Note that the stack trace is printed on the next safepoint poll and therefore might not be accurate.
graalvm/bin/js --engine.TraceStackTraceInterval=1000 js-benchmarks/harness.js -- octane-deltablue.js
Prints the following output:
[engine] Stack Trace Thread main: org.graalvm.polyglot.PolyglotException
at <js> BinaryConstraint.chooseMethod(octane-deltablue.js:359-381:9802-10557)
at <js> Constraint.satisfy(octane-deltablue.js:176:5253-5275)
at <js> Planner.incrementalAdd(octane-deltablue.js:597:16779-16802)
at <js> Constraint.addConstraint(octane-deltablue.js:165:4883-4910)
at <js> UnaryConstraint(octane-deltablue.js:219:6430-6449)
at <js> StayConstraint(octane-deltablue.js:297:8382-8431)
at <js> chainTest(octane-deltablue.js:817:23780-23828)
at <js> deltaBlue(octane-deltablue.js:883:25703-25716)
at <js> MeasureDefault(harness.js:552:20369-20383)
at <js> BenchmarkSuite.RunSingleBenchmark(harness.js:614:22538-22550)
at <js> RunNextBenchmark(harness.js:340:11560-11614)
at <js> RunStep(harness.js:141:5673-5686)
at <js> BenchmarkSuite.RunSuites(harness.js:160:6247-6255)
at <js> runBenchmarks(harness.js:686-688:24861-25023)
at <js> main(harness.js:734:26039-26085)
at <js> :program(harness.js:783:27470-27484)
at org.graalvm.polyglot.Context.eval(Context.java:348)
at com.oracle.truffle.js.shell.JSLauncher.executeScripts(JSLauncher.java:347)
at com.oracle.truffle.js.shell.JSLauncher.launch(JSLauncher.java:88)
at org.graalvm.launcher.AbstractLanguageLauncher.launch(AbstractLanguageLauncher.java:124)

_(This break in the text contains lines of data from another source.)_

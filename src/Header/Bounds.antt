-- ===== src/Header/Bounds.antt =====
-- The reads and the offset of the decoders of headers of a fixed size.
pub mod Ip
pub mod Tunnel
pub mod Lldp
use fdpi.Base.{ℕ, ◌≤◌, length, arith}
use fdpi.Wire.{Bytes}
use fdpi.Wire.Bounded.{
  Bounded, returns, Bounded-guard, Bounded-at, Bounded-be16, Bounded-be32, Bounded-le16,
  Bounded-copy,
}
use fdpi.Header.Ethernet.{decode_vlan, decode_ethernet}
use fdpi.Header.Arp.{decode_arp, decode_rarp}
use fdpi.Header.Transport.{decode_udp}
use fdpi.Header.Other.{decode_igmp, decode_esp, decode_homeplug}

pub decode_vlan-Bounded :
    (data' : Bytes) (o : ℕ) → o ≤ length data' → Bounded o (length data') (decode_vlan data' o)
unfolding decode_vlan
decode_vlan-Bounded data' o h = Bounded-guard data' o 4 h λ room fits.
    Bounded-be16 _ _ (omega arith)
      λ _. Bounded-be16 _ _ (omega arith) λ _. returns (omega arith) (omega arith)

pub decode_ethernet-Bounded :
    (data' : Bytes) (o : ℕ) → o ≤ length data' → Bounded o (length data') (decode_ethernet data' o)
unfolding decode_ethernet
decode_ethernet-Bounded data' o h = Bounded-guard data' o 14 h λ room fits.
    Bounded-copy _ _ _ (omega arith) λ _.
      Bounded-copy _ _ _ (omega arith)
        λ _. Bounded-be16 _ _ (omega arith) λ _. returns (omega arith) (omega arith)

pub decode_udp-Bounded :
    (data' : Bytes) (o : ℕ) → o ≤ length data' → Bounded o (length data') (decode_udp data' o)
unfolding decode_udp
decode_udp-Bounded data' o h = Bounded-guard data' o 8 h λ room fits.
    Bounded-be16 _ _ (omega arith) λ _. Bounded-be16 _ _ (omega arith) λ _.
      Bounded-be16 _ _ (omega arith)
        λ _. Bounded-be16 _ _ (omega arith) λ _. returns (omega arith) (omega arith)

pub decode_igmp-Bounded :
    (data' : Bytes) (o : ℕ) → o ≤ length data' → Bounded o (length data') (decode_igmp data' o)
unfolding decode_igmp
decode_igmp-Bounded data' o h = Bounded-guard data' o 8 h λ room fits.
    Bounded-at _ _ (omega arith) λ _. Bounded-at _ _ (omega arith) λ _.
      Bounded-be16 _ _ (omega arith)
        λ _. Bounded-copy _ _ _ (omega arith) λ _. returns (omega arith) (omega arith)

pub decode_esp-Bounded :
    (data' : Bytes) (o : ℕ) → o ≤ length data' → Bounded o (length data') (decode_esp data' o)
unfolding decode_esp
decode_esp-Bounded data' o h = Bounded-guard data' o 8 h λ room fits.
    Bounded-be32 _ _ (omega arith)
      λ _. Bounded-be32 _ _ (omega arith) λ _. returns (omega arith) (omega arith)

pub decode_homeplug-Bounded :
    (data' : Bytes) (o : ℕ) → o ≤ length data' → Bounded o (length data') (decode_homeplug data' o)
unfolding decode_homeplug
decode_homeplug-Bounded data' o h = Bounded-guard data' o 5 h λ room fits.
    Bounded-at _ _ (omega arith)
      λ _. Bounded-le16 _ _ (omega arith) λ _. returns (omega arith) (omega arith)

pub decode_arp-Bounded :
    (data' : Bytes) (o : ℕ) → o ≤ length data' → Bounded o (length data') (decode_arp data' o)
unfolding decode_arp
decode_arp-Bounded data' o h = Bounded-guard data' o 28 h λ room fits.
    Bounded-be16 _ _ (omega arith) λ _. Bounded-be16 _ _ (omega arith) λ _.
      Bounded-at _ _ (omega arith) λ _. Bounded-at _ _ (omega arith) λ _.
        Bounded-be16 _ _ (omega arith) λ _. Bounded-copy _ _ _ (omega arith) λ _.
          Bounded-copy _ _ _ (omega arith) λ _.
            Bounded-copy _ _ _ (omega arith)
              λ _. Bounded-copy _ _ _ (omega arith) λ _. returns (omega arith) (omega arith)

pub decode_rarp-Bounded :
    (data' : Bytes) (o : ℕ) → o ≤ length data' → Bounded o (length data') (decode_rarp data' o)
unfolding decode_rarp
decode_rarp-Bounded data' o h = Bounded-guard data' o 28 h λ room fits.
    Bounded-be16 _ _ (omega arith) λ _. Bounded-be16 _ _ (omega arith) λ _.
      Bounded-at _ _ (omega arith) λ _. Bounded-at _ _ (omega arith) λ _.
        Bounded-be16 _ _ (omega arith) λ _. Bounded-copy _ _ _ (omega arith) λ _.
          Bounded-copy _ _ _ (omega arith) λ _.
            Bounded-copy _ _ _ (omega arith)
              λ _. Bounded-copy _ _ _ (omega arith) λ _. returns (omega arith) (omega arith)
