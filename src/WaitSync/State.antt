-- ===== src/WaitSync/State.antt =====
-- src/wait_sync.h and the macros of src/impl/base/wait_sync.c: the structures that are waited for,
-- the globals, and the operations on one structure. Memory holds one map for each field of
-- `ompi_wait_sync_t`. A call into the threading backend is an entry of `trace`, the latest first.
use libult.Base.{
  ℕ, Ptr, null, Bool, false, not, List, ◌∷◌, ◌==◌, if◌then◌else◌, update, neg_word, Codes,
}
use libult.Usage.{add, Atomics, thread_op_fetch}

-- What is asked of the backend. An address is that of the structure whose `lock` or `condition` is
-- meant; `list_lock` and `list_unlock` are on `wait_sync_lock`.
pub data Event : Type 0 where
  cond_init : Ptr → Event
  mutex_init : Ptr → Event
  mutex_lock : Ptr → Event
  mutex_unlock : Ptr → Event
  cond_signal : Ptr → Event
  sleep : Ptr → Event  -- `thread_internal_cond_wait`
  cond_destroy : Ptr → Event
  mutex_destroy : Ptr → Event
  list_lock : Event
  list_unlock : Event

pub record Mem : Type 0 where
  pub count : Ptr → ℕ  -- atomic_int32_t
  pub status : Ptr → ℕ  -- int32_t
  pub next : Ptr → Ptr
  pub prev : Ptr → Ptr
  pub signaling : Ptr → Bool
  pub uses_threads : Bool
  pub list : Ptr  -- threads_base_wait_sync_list
  pub trace : List Event

-- `WAIT_SYNC_INIT`
unfoldable pub wait_sync_init : Ptr → ℕ → Mem → Mem
wait_sync_init sync c m = record m {
  count = update m.count sync c;
  next = update m.next sync null;
  prev = update m.prev sync null;
  status = update m.status sync 0;
  signaling = update m.signaling sync (not (0 == c));
  trace = if m.uses_threads then mutex_init sync ∷ cond_init sync ∷ m.trace else m.trace;
}

-- `WAIT_SYNC_SIGNAL`: nothing unless threads are in use.
unfoldable pub wait_sync_signal : Ptr → Mem → Mem
wait_sync_signal sync m = record m {
  trace =
      if m.uses_threads
      then mutex_unlock sync ∷ cond_signal sync ∷ mutex_lock sync ∷ m.trace
      else m.trace;
  signaling = if m.uses_threads then update m.signaling sync false else m.signaling;
}

-- `WAIT_SYNC_PASS_OWNERSHIP`
unfoldable pub pass_ownership : Ptr → Mem → Mem
pass_ownership who m = record m {
  trace = mutex_unlock who ∷ cond_signal who ∷ mutex_lock who ∷ m.trace;
}

-- `WAIT_SYNC_RELEASE_NOWAIT`
unfoldable pub wait_sync_release_nowait : Ptr → Mem → Mem
wait_sync_release_nowait sync m = record m {
  trace = if m.uses_threads then mutex_destroy sync ∷ cond_destroy sync ∷ m.trace else m.trace;
}

-- `THREAD_LOCK(&wait_sync_lock)` and `THREAD_UNLOCK(&wait_sync_lock)`
unfoldable pub thread_lock : Mem → Mem
thread_lock m = record m { trace = if m.uses_threads then list_lock ∷ m.trace else m.trace }

unfoldable pub thread_unlock : Mem → Mem
thread_unlock m = record m { trace = if m.uses_threads then list_unlock ∷ m.trace else m.trace }

module _ (at : Atomics) (codes : Codes) where
  -- `wait_sync_update`. The write barrier has no effect where steps happen in program order.
  unfoldable pub wait_sync_update : Ptr → (updates status : ℕ) → Mem → Mem
  wait_sync_update sync updates status m =
      if status == codes.success
      then (let (cell, result) =
            thread_op_fetch at m.uses_threads add 32 (m.count sync) (neg_word 32 updates) in
          let m' = record m { count = update m.count sync cell } in
          if not (0 == result) then m' else wait_sync_signal sync m')
      else wait_sync_signal sync (record m {
        status = update m.status sync status;
        count = update m.count sync (at.swap (m.count sync) 0).0;
      })
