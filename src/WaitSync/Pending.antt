-- ===== src/WaitSync/Pending.antt =====
-- src/impl/base/wait_sync.c: the list of pending structures that `ompi_sync_wait_mt` keeps, a ring
-- through `next` and `prev`, and the two pieces of it that change the ring.
pub mod Chain
pub mod Ring
pub mod Insert
pub mod Remove
mod Tests
use libult.Base.{Ptr, null, ◌==◌, if◌then◌else◌, update}
use libult.WaitSync.State.{Mem, pass_ownership, thread_lock, thread_unlock}

-- Between the lock and the unlock: "Insert sync on the list of pending synchronization constructs".
unfoldable pub insert_pending : Ptr → Mem → Mem
insert_pending sync m =
    if m.list == null
    then record m { prev = update m.prev sync sync; next = update m.next sync sync; list = sync }
    else (let m = record m { prev = update m.prev sync (m.prev m.list) } in
        let m = record m { next = update m.next (m.prev sync) sync } in
        let m = record m { next = update m.next sync m.list } in
        record m { prev = update m.prev m.list sync })

-- The same with its lock.
unfoldable pub insert_locked : Ptr → Mem → Mem
insert_locked sync m = thread_unlock (insert_pending sync (thread_lock m))

-- "Trim the list: remove self", the two writes.
unfoldable pub unlink : Ptr → Mem → Mem
unlink sync m =
    let m = record m { next = update m.next (m.prev sync) (m.next sync) } in
    record m { prev = update m.prev (m.next sync) (m.prev sync) }

-- "In case I am the progress manager, pass the duties on".
unfoldable pub pass_duties : Ptr → Mem → Mem
pass_duties sync m =
    if sync == m.list
    then (let m = record m { list = if sync == m.next sync then null else m.next sync } in
        if m.list == null then m else pass_ownership m.list m)
    else m

-- From `i_am_done` to the end, with its lock.
unfoldable pub trim_locked : Ptr → Mem → Mem
trim_locked sync m = thread_unlock (pass_duties sync (unlink sync (thread_lock m)))
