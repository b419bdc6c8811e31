-- ===== src/WaitSync/Pending/Chain.antt =====
-- Doubly linked chains through two maps, and what becomes of them when a link is moved.
use libult.Base.{◌≡◌, Ptr, List, [], ◌∷◌, ◌++◌, arith, update, ◌∈◌, ◌∉◌, IsDistinct, last, last-mem}

-- From `p` the links `next` lead through `xs` to `b`, and the links `prev` lead back.
abbrev pub Chain : (next prev : Ptr → Ptr) → Ptr → List Ptr → Ptr → Type 0
Chain n v p [] b = (n p ≡ b) × (v b ≡ p)
Chain n v p (x ∷ xs) b = (n p ≡ x) × (v x ≡ p) × Chain n v x xs b

module _ (n v : Ptr → Ptr) where
  pub Chain-append :
      (p b s : Ptr) (xs ys : List Ptr)
      → Chain n v p xs s
      → Chain n v s ys b
      → Chain n v p (xs ++ s ∷ ys) b
  Chain-append p b s [] ys (e, f) d = (e, f, d)
  Chain-append p b s (x ∷ xs) ys (e, f, c) d = (e, f, Chain-append x b s xs ys c d)

  pub Chain-split :
      (p b s : Ptr) (xs ys : List Ptr)
      → Chain n v p (xs ++ s ∷ ys) b
      → Chain n v p xs s × Chain n v s ys b
  Chain-split p b s [] ys (e, f, c) = ((e, f), c)
  Chain-split p b s (x ∷ xs) ys (e, f, c) = let (l, r) = Chain-split x b s xs ys c in ((e, f, l), r)

  -- The end leads back to the last address before it.
  pub Chain-prev_end : (p b : Ptr) (xs : List Ptr) → Chain n v p xs b → v b ≡ last p xs
  Chain-prev_end p b [] c = c.1
  Chain-prev_end p b (x ∷ xs) c = Chain-prev_end x b xs c.2

  -- A chain reads `next` at its nodes and `prev` behind them.
  pub Chain-frame :
      (n' v' : Ptr → Ptr) (p b : Ptr) (xs : List Ptr)
      → Chain n v p xs b
      → ((q : Ptr) → q ∈ p ∷ xs → n' q ≡ n q)
      → ((q : Ptr) → q ∈ b ∷ xs → v' q ≡ v q)
      → Chain n' v' p xs b
  Chain-frame n' v' p b [] (e, f) hn hv = (ground (arith, hn p), ground (arith, hv b))
  Chain-frame n' v' p b (x ∷ xs) (e, f, c) hn hv = (
    ground (arith, hn p),
    ground (arith, hv x),
    Chain-frame n' v' x b xs c (λ q h. hn q (ground arith)) (λ q h. hv q (ground arith)),
  )

  -- Lead the last link to `t` instead.
  pub Chain-relink :
      (p b t : Ptr) (xs : List Ptr)
      → Chain n v p xs b
      → IsDistinct (p ∷ xs)
      → t ∉ xs
      → Chain (update n (last p xs) t) (update v t (last p xs)) p xs t
  Chain-relink p b t [] c d out = (ground arith, ground arith)
  Chain-relink p b t (x ∷ xs) (e, f, c) d out =
      (ground (arith, last-mem x xs), ground arith, Chain-relink x b t xs c d.1 (ground arith))
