-- ===== src/WaitSync/Pending/Ring.antt =====
-- The list of pending structures as a ring that starts at `threads_base_wait_sync_list`.
use libult.Base.{◌≡◌, ◌∙◌, Ptr, null, List, [], ◌∷◌, ◌∉◌, IsDistinct}
use libult.WaitSync.State.{Mem}
use libult.WaitSync.Pending.Chain.{Chain}

-- The structures `xs` are pending, in the order of their arrival.
abbrev pub IsRing : Mem → List Ptr → Type 0
IsRing m [] = m.list ≡ null
IsRing m (a ∷ xs) =
    (m.list ≡ a) × Chain m.next m.prev a xs a × IsDistinct (a ∷ xs) × (null ∉ a ∷ xs)

pub IsRing-fields :
    (m m' : Mem) (xs : List Ptr)
    → m'.list ≡ m.list
    → m'.next ≡ m.next
    → m'.prev ≡ m.prev
    → IsRing m xs
    → IsRing m' xs
IsRing-fields m m' [] e f g r = e ∙ r
IsRing-fields m m' (a ∷ xs) e f g (h, c, d, o) = (e ∙ h, rw (f, g) c, d, o)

at org.graalvm.launcher.AbstractLanguageLauncher.launch(AbstractLanguageLauncher.java:71)
at com.oracle.truffle.js.shell.JSLauncher.main(JSLauncher.java:73)
[engine] Stack Trace Thread main: org.graalvm.polyglot.PolyglotException
at <js> EqualityConstraint.execute(octane-deltablue.js:528-530:14772-14830)
at <js> Plan.execute(octane-deltablue.js:781:22638-22648)
at <js> chainTest(octane-deltablue.js:824:24064-24077)
at <js> deltaBlue(octane-deltablue.js:883:25703-25716)
at <js> MeasureDefault(harness.js:552:20369-20383)
at <js> BenchmarkSuite.RunSingleBenchmark(harness.js:614:22538-22550)
at <js> RunNextBenchmark(harness.js:340:11560-11614)
at <js> RunStep(harness.js:141:5673-5686)
at <js> BenchmarkSuite.RunSuites(harness.js:160:6247-6255)
at <js> runBenchmarks(harness.js:686-688:24861-25023)
at <js> main(harness.js:734:26039-26085)
at <js> :program(harness.js:783:27470-27484)
at org.graalvm.polyglot.Context.eval(Context.java:348)
at com.oracle.truffle.js.shell.JSLauncher.executeScripts(JSLauncher.java:347)
at com.oracle.truffle.js.shell.JSLauncher.launch(JSLauncher.java:88)
at org.graalvm.launcher.AbstractLanguageLauncher.launch(AbstractLanguageLauncher.java:124)
at org.graalvm.launcher.AbstractLanguageLauncher.launch(AbstractLanguageLauncher.java:71)
at com.oracle.truffle.js.shell.JSLauncher.main(JSLauncher.java:73)
Further Reading
Daloze, Benoit, Chris Seaton, Daniele Bonetta, and Hanspeter Mössenböck. “Techniques and applications for guest-language safepoints.” In Proceedings of the 10th Workshop on Implementation, Compilation, Optimization of Object-Oriented Languages, Programs and Systems, pp. 1-10. 2015.